# First Tarpon! need weight/measure help..



## batsandowls (Jul 31, 2010)

I caught my first tarpon in POC this past weekend and I didn't get a chance to measure or weigh it as I didn't have a tape measure and wanted to get back in water ASAP... I figure you guess that have a lot of experience can help get pretty close idea of weight and measurement for a replica mount I want to do.


----------



## marc (May 21, 2004)

Congrats on the first of many to come. Fork length looks to be 50 inches...40-50 pounds


----------



## Hunter (Sep 3, 2004)

http://www.bonefishtarpontrust.org/btt-publications/tarpon-weight-calculator.html


----------



## Fishing911 (Aug 27, 2014)

My best guess is pushing 50 #. Congrats!


----------



## Mizpah (Aug 27, 2004)

Congrats! And you've got a great picture to send to the taxidermist. I'm sure they will get close with a replica and one that size will make a cool mount and be easy to hang.
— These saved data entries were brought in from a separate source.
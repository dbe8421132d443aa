-- ===== src/ProgramExecutor.antt =====
-- `ProgramExecutor` (src/ProgramExecutor.h, src/ProgramExecutor.cpp): the status of the child process
-- and the calls that change it. What the operating system answers (pipe, fork, waitpid, and what
-- happens while a thread waits) is an argument of the call.
pub mod Sealed
pub mod Kill
pub mod Child
pub mod Stop
pub mod Status
pub mod Threads
use Prim.Native.String.{String}
use mathlib.Core.Option
use ml_gridengine_executor.Base.{
  ℕ, ◌+◌, ◌*◌, ◌/◌, ◌%◌, List, [], ◌∷◌, ◌++◌, Bool, true, false, not, ◌&&◌, Option, none, some,
  ◌==◌, leb, if◌then◌else◌, ℤ, pos, negsuc,
}
use ml_gridengine_executor.Result.{
  Result, ok, throws, illegal_state, invalid_argument, system_error,
}

pub data ProgramStatus : Type 0 where
  not_started running exited signalled cannot_kill : ProgramStatus

-- The mutexes, the condition and the thread have no field: a call is what it does under its locks.
pub record ProgramExecutor : Type 0 where
  pub args : List String
  pub environ : List (String × String)
  pub work_dir : String
  pub capture_output : Bool
  pub status : ProgramStatus
  pub wait_status : ℕ
  pub process_id : ℤ
  pub pipe_fd : ℕ
  pub pipe_closed : Bool

-- The constructor.
unfoldable pub new : List String → List (String × String) → String → Bool → Result ProgramExecutor
new [] environ work_dir capture = throws invalid_argument
new (file ∷ rest) environ work_dir capture = ok (record {
  args = file ∷ rest;
  environ = environ;
  work_dir = work_dir;
  capture_output = capture;
  status = not_started;
  wait_status = 0;
  process_id = negsuc 0;
  pipe_fd = 0;
  pipe_closed = false;
})

-- How Linux packs the status that waitpid gives (sys/wait.h).
unfoldable pub wifexited : ℕ → Bool
wifexited st = st % 128 == 0

unfoldable pub wexitstatus : ℕ → ℕ
wexitstatus st = st / 256 % 256

unfoldable pub wtermsig : ℕ → ℕ
wtermsig st = st % 128

unfoldable pub wifsignaled : ℕ → Bool
wifsignaled st = not (st % 128 == 0) && not (st % 128 == 127)

abbrev pub is_running : ProgramStatus → Bool
is_running running = true
is_running _ = false

abbrev pub is_not_started : ProgramStatus → Bool
is_not_started not_started = true
is_not_started _ = false

abbrev pub is_exited : ProgramStatus → Bool
is_exited exited = true
is_exited _ = false

abbrev pub is_signalled : ProgramStatus → Bool
is_signalled signalled = true
is_signalled _ = false

-- `exitCode()`
unfoldable pub exit_code : ProgramExecutor → ℤ
unfolding wexitstatus
exit_code e = if is_exited e.status then pos (wexitstatus e.wait_status) else negsuc 0

-- `exitSignal()`
unfoldable pub exit_signal : ProgramExecutor → ℤ
unfolding wtermsig
exit_signal e = if is_signalled e.status then pos (wtermsig e.wait_status) else negsuc 0

-- What `start()` leaves in the parent process; `pid` is what fork returned, -1 if it failed.
unfoldable pub launched : ProgramExecutor → Option (ℕ × ℕ) → ℤ → Option ProgramExecutor
launched e pipe pid =
    if e.capture_output
    then (elim pipe [
      | none ↦ none
      | some (read_end, write_end) ↦
          some (record e { process_id = pid; pipe_fd = read_end; status = running })
    ])
    else some (record e { process_id = pid; status = running })

abbrev or_system_error : Option ProgramExecutor → Result ProgramExecutor
or_system_error none = throws system_error
or_system_error (some e) = ok e

-- `start()`: `pipe` is what the call of pipe gave, the two descriptors if it succeeded.
unfoldable pub start : ProgramExecutor → Option (ℕ × ℕ) → ℤ → Result ProgramExecutor
unfolding launched
start e pipe pid =
    if is_not_started e.status then or_system_error (launched e pipe pid) else throws illegal_state

-- `_waitInBackground()`, `none` for a waitpid that fails: the new state, and whether the threads that
-- wait for the program are woken.
unfoldable pub wait_in_background : ProgramExecutor → Option ℕ → ProgramExecutor × Bool
unfolding wifexited wifsignaled
wait_in_background e none = (e, false)
wait_in_background e (some st) =
    if wifexited st
    then (record e { status = exited; wait_status = st }, true)
    else if wifsignaled st
    then (record e { status = signalled; wait_status = st }, true)
    else (e, false)

-- What the background thread does around a wait: its waitpid may return before the wait begins, while
-- it lasts, or when it has timed out and the mutex is free again, with what it gave.
pub record Turn : Type 0 where
  pub before : Option (Option ℕ)
  pub during : Option (Option ℕ)
  pub late : Option (Option ℕ)

unfoldable pub background : ProgramExecutor → Option (Option ℕ) → ProgramExecutor × Bool
unfolding wait_in_background
background e none = (e, false)
background e (some st) = wait_in_background e st

abbrev pub is_positive : ℤ → Bool
is_positive (pos n) = leb 1 n
is_positive (negsuc n) = false

-- `wait(timeout)` on a program that has been started. `none` means that the call does not return.
unfoldable pub wait_started : ProgramExecutor → ℤ → Turn → Option (Bool × ProgramExecutor)
wait_started e timeout turn =
    let (e', _) = background e turn.before in
    let (e'', woken) = background e' turn.during in
    if is_running e'.status
    then (if woken
        then some (true, e'')
        else if is_positive timeout
        then some (false, (background e'' turn.late).0)
        else none)
    else some (true, e')

-- `wait(timeout)`
unfoldable pub wait : ProgramExecutor → ℤ → Turn → Result (Option (Bool × ProgramExecutor))
unfolding wait_started background
wait e timeout turn =
    if is_not_started e.status then throws illegal_state else ok (wait_started e timeout turn)

pub data Signal : Type 0 where
  sigint sigkill : Signal

-- `_killIfRunning(signal)`: the signals sent, each with the process it goes to.
unfoldable pub kill_if_running : ProgramExecutor → Signal → List (ℤ × Signal)
kill_if_running e signal = if is_running e.status then (e.process_id, signal) ∷ [] else []

-- `(long)(seconds * 1000)` for a whole number of seconds
unfoldable pub to_millis : ℤ → ℤ
to_millis (pos n) = pos (n * 1000)
to_millis (negsuc n) = negsuc (n * 1000 + 999)

-- The last step of `kill`: `_status = CANNOT_KILL`, and the pipe is closed
abbrev pub give_up : ProgramExecutor → ProgramExecutor
give_up e = record e { status = cannot_kill; pipe_closed = true }

-- What `kill` does after a wait: it is done, or goes on with `next`.
unfoldable pub after_wait :
    List (ℤ × Signal)
    → (ProgramExecutor → Option (List (ℤ × Signal) × ProgramExecutor))
    → Option (Bool × ProgramExecutor)
    → Option (List (ℤ × Signal) × ProgramExecutor)
after_wait sent next none = none
after_wait sent next (some (true, e)) = some (sent, e)
after_wait sent next (some (false, e)) = Option.map (λ (more, e'). (sent ++ more, e')) (next e)

-- One step of `kill`: a signal, a wait, and what follows.
unfoldable pub kill_step :
    Signal
    → ℤ
    → Turn
    → (ProgramExecutor → Option (List (ℤ × Signal) × ProgramExecutor))
    → ProgramExecutor
    → Option (List (ℤ × Signal) × ProgramExecutor)
kill_step signal seconds turn next e =
    after_wait (kill_if_running e signal) next (wait_started e (to_millis seconds) turn)

-- `kill(firstWait, secondWait, finalWait)`: the signals sent and the state after the call. `none`
-- means that the call does not return.
unfoldable pub kill :
    ℤ → ℤ → ℤ → Turn → Turn → Turn → ProgramExecutor → Option (List (ℤ × Signal) × ProgramExecutor)
unfolding kill_step after_wait wait_started background kill_if_running to_millis
kill first second final t₁ t₂ t₃ e =
    if is_running e.status
    then kill_step sigint first t₁
        (kill_step sigint second t₂ (kill_step sigkill final t₃ (λ e'. some ([], give_up e')))) e
    else some ([], e)
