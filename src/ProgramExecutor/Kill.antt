-- ===== src/ProgramExecutor/Kill.antt =====
-- `kill` (src/ProgramExecutor.cpp): it ends, escalates its signals, and leaves a final status.
use mathlib.Core.Option
use ml_gridengine_executor.Base.{
  ℕ, suc, ◌≤◌, ◌≡◌, ◌⊎◌, inl, inr, refl, ap, ◌∙◌, List, [], ◌∷◌, ◌++◌, Bool, true, false, Option,
  none, some, arith, ℤ, pos, negsuc, take, Bool-cases, if◌then◌else◌,
}
use ml_gridengine_executor.ProgramExecutor.{
  ProgramExecutor, ProgramStatus, running, exited, signalled, cannot_kill, is_running, is_positive,
  background, wait_started, Turn, Signal, sigint, sigkill, kill_if_running, after_wait, kill_step,
  kill, to_millis, give_up,
}

-- The final statuses.
abbrev pub is_final : ProgramStatus → Bool
is_final exited = true
is_final signalled = true
is_final cannot_kill = true
is_final _ = false

-- A program of which nothing is known but that it is running or over.
abbrev Live : ProgramExecutor → ProgramExecutor → Type 0
Live e e' =
    (e'.process_id ≡ e.process_id)
    × ((e'.status ≡ running) ⊎ (is_final e'.status ≡ true))
    × (is_final e.status ≡ true → is_final e'.status ≡ true)

background-Live :
    (e : ProgramExecutor) (o : Option (Option ℕ))
    → ((e.status ≡ running) ⊎ (is_final e.status ≡ true))
    → Live e (background e o).0
      × ((background e o).1 ≡ true → is_final (background e o).0.status ≡ true)
unfolding background
background-Live e none h = ground arith
background-Live e (some none) h = ground arith
background-Live e (some (some st)) h = ground arith

-- A wait with a timeout, as a pair.
waited : ProgramExecutor → Turn → Bool × ProgramExecutor
waited e turn =
    let e' : ProgramExecutor = (background e turn.before).0 in
    let e'' : ProgramExecutor = (background e' turn.during).0 in
    if is_running e'.status
    then if (background e' turn.during).1
      then (true, e'')
      else (false, (background e'' turn.late).0)
    else (true, e')

wait_started-waited :
    (e : ProgramExecutor) (timeout : ℤ) (turn : Turn)
    → is_positive timeout ≡ true
    → wait_started e timeout turn ≡ some (waited e turn)
unfolding wait_started waited
wait_started-waited e timeout turn p = ground arith

to_millis_positive :
    (seconds : ℤ) → is_positive seconds ≡ true → is_positive (to_millis seconds) ≡ true
unfolding to_millis
to_millis_positive (pos n) h = ground arith
to_millis_positive (negsuc n) h = cc

abbrev Known : ProgramExecutor → Type 0
Known e = (e.status ≡ running) ⊎ (is_final e.status ≡ true)

waited-Live :
    (e : ProgramExecutor) (turn : Turn)
    → Known e
    → Live e (waited e turn).1
      × ((waited e turn).0 ≡ true → is_final (waited e turn).1.status ≡ true)
      × ((waited e turn).0 ≡ false → e.status ≡ running)
unfolding waited
waited-Live e turn h =
    let e' : ProgramExecutor = (background e turn.before).0 in
    let l : Live e e' = (background-Live e turn.before h).0 in
    let e'' : ProgramExecutor = (background e' turn.during).0 in
    let d = background-Live e' turn.during l.1 in
    let t = background-Live e'' turn.late d.0.1 in
    ground (arith, background-Live e turn.before h, d, t)

abbrev pub addressed : ℤ → List Signal → List (ℤ × Signal)
addressed pid [] = []
addressed pid (s ∷ ss) = (pid, s) ∷ addressed pid ss

-- A part of `kill` that has the signals `signals` left: it ends with a final status, has sent the
-- first few of them to the program's process, and at least one if the program was running.
abbrev Ends :
    List Signal
    → (ProgramExecutor → Option (List (ℤ × Signal) × ProgramExecutor))
    → ProgramExecutor
    → Type 0
Ends signals f e =
    (n : ℕ) × (e' : ProgramExecutor) × (f e ≡ some (take n (addressed e.process_id signals), e'))
    × (is_final e'.status ≡ true)
    × (e.status ≡ running → (signals ≡ []) ⊎ (1 ≤ n))

abbrev Escalates :
    List Signal → (ProgramExecutor → Option (List (ℤ × Signal) × ProgramExecutor)) → Type 0
Escalates signals f = (e : ProgramExecutor) → Known e → Ends signals f e

give_up-Escalates : Escalates [] (λ e. some ([], give_up e))
give_up-Escalates e h = (0, give_up e, refl, refl, λ _. inl refl)

kill_if_running-sent :
    (e : ProgramExecutor) (s : Signal)
    → ((e.status ≡ running) × (kill_if_running e s ≡ (e.process_id, s) ∷ []))
      ⊎ ((is_running e.status ≡ false) × (kill_if_running e s ≡ []))
unfolding kill_if_running
kill_if_running-sent e s = ground arith

module _ (s : Signal) (signals : List Signal) (seconds : ℤ) (turn : Turn)
    (next : ProgramExecutor → Option (List (ℤ × Signal) × ProgramExecutor))
    (p : is_positive seconds ≡ true) where
  stepped :
      (e : ProgramExecutor)
      → kill_step s seconds turn next e
        ≡ after_wait (kill_if_running e s) next (some (waited e turn))
  unfolding kill_step
  stepped e =
      ap (after_wait (kill_if_running e s) next)
        (wait_started-waited e (to_millis seconds) turn (to_millis_positive seconds p))

  finished :
      (e e' : ProgramExecutor)
      → Live e e'
      → waited e turn ≡ (true, e')
      → is_final e'.status ≡ true
      → Ends (s ∷ signals) (kill_step s seconds turn next) e
  unfolding after_wait
  finished e e' l q f = elim (kill_if_running-sent e s) [
    | inl (r, k) ↦ (
      1,
      e',
      stepped e
          ∙ ap (λ w. after_wait (kill_if_running e s) next (some w)) q
          ∙ ap (λ k'. some (k', e')) k,
      f,
      λ _. inr (omega arith),
    )
    | inr (r, k) ↦ (
      0,
      e',
      stepped e
          ∙ ap (λ w. after_wait (kill_if_running e s) next (some w)) q
          ∙ ap (λ k'. some (k', e')) k,
      f,
      λ r'. ground (arith, r, r'),
    )
  ]

  goes_on :
      (e e' : ProgramExecutor)
      → Live e e'
      → e.status ≡ running
      → waited e turn ≡ (false, e')
      → Ends signals next e'
      → Ends (s ∷ signals) (kill_step s seconds turn next) e
  unfolding after_wait
  goes_on e e' l r q (n, e'', eq, f, _) = elim (kill_if_running-sent e s) [
    | inl (_, k) ↦ (
      suc n,
      e'',
      stepped e
          ∙ ap (λ w. after_wait (kill_if_running e s) next (some w)) q
          ∙ ap (Option.map (λ (more, z). (kill_if_running e s ++ more, z))) eq
          ∙ ap (λ k'. some (k' ++ take n (addressed e'.process_id signals), e'')) k
          ∙ ap (λ pid. some ((e.process_id, s) ∷ take n (addressed pid signals), e'')) l.0,
      f,
      λ _. inr (omega arith),
    )
    | inr (r', k) ↦ absurd (ground (arith, r, r'))
  ]

  step-Escalates : Escalates signals next → Escalates (s ∷ signals) (kill_step s seconds turn next)
  step-Escalates go e h =
      let e' : ProgramExecutor = (waited e turn).1 in
      let w = waited-Live e turn h in
      elim (Bool-cases (waited e turn).0) [
        | inl t ↦ finished e e' w.0 (ap (λ b. (b, e')) t) (w.1 t)
        | inr f ↦ goes_on e e' w.0 (w.2 f) (ap (λ b. (b, e')) f) (go e' w.0.1)
      ]

-- With positive waits, `kill` on a running program returns with a final status, having sent a
-- non-empty beginning of SIGINT, SIGINT, SIGKILL, and each signal to the process of the program.
pub kill-Ends :
    (first second final : ℤ) (t₁ t₂ t₃ : Turn) (e : ProgramExecutor)
    → is_positive first ≡ true
    → is_positive second ≡ true
    → is_positive final ≡ true
    → e.status ≡ running
    → (n : ℕ) × (e' : ProgramExecutor) × (kill first second final t₁ t₂ t₃ e
        ≡ some (take n (addressed e.process_id (sigint ∷ sigint ∷ sigkill ∷ [])), e'))
      × (is_final e'.status ≡ true)
      × (1 ≤ n)
unfolding kill
kill-Ends first second final t₁ t₂ t₃ e p q r h =
    let s₃ = step-Escalates sigkill [] final t₃ _ r give_up-Escalates in
    let s₂ = step-Escalates sigint (sigkill ∷ []) second t₂ _ q s₃ in
    let s₁ = step-Escalates sigint (sigint ∷ sigkill ∷ []) first t₁ _ p s₂ in
    let (n, e', eq, f, one) = s₁ e (inl h) in
    (
      n,
      e',
      ap
            (λ st.
              if is_running st
              then kill_step sigint first t₁
                  (kill_step sigint second t₂
                    (kill_step sigkill final t₃ (λ z. some ([], give_up z))))
                  e
              else some ([], e))
            h
          ∙ eq,
      f,
      ground (arith, one h),
    )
I have an old Brundrett skin mount of a Port A jetty Tarpon that is over 50 years old and still looks great.


----------



## SharkBait >*)\\\><( (May 16, 2012)

sweet fish congrats one day i will get mine


----------



## BMowatt (Jun 3, 2014)

50 - 60 lbs


----------



## TrueblueTexican (Aug 29, 2005)

*55"*

22" girth and a fat 60 + or - 5#.

Scaled on computer


----------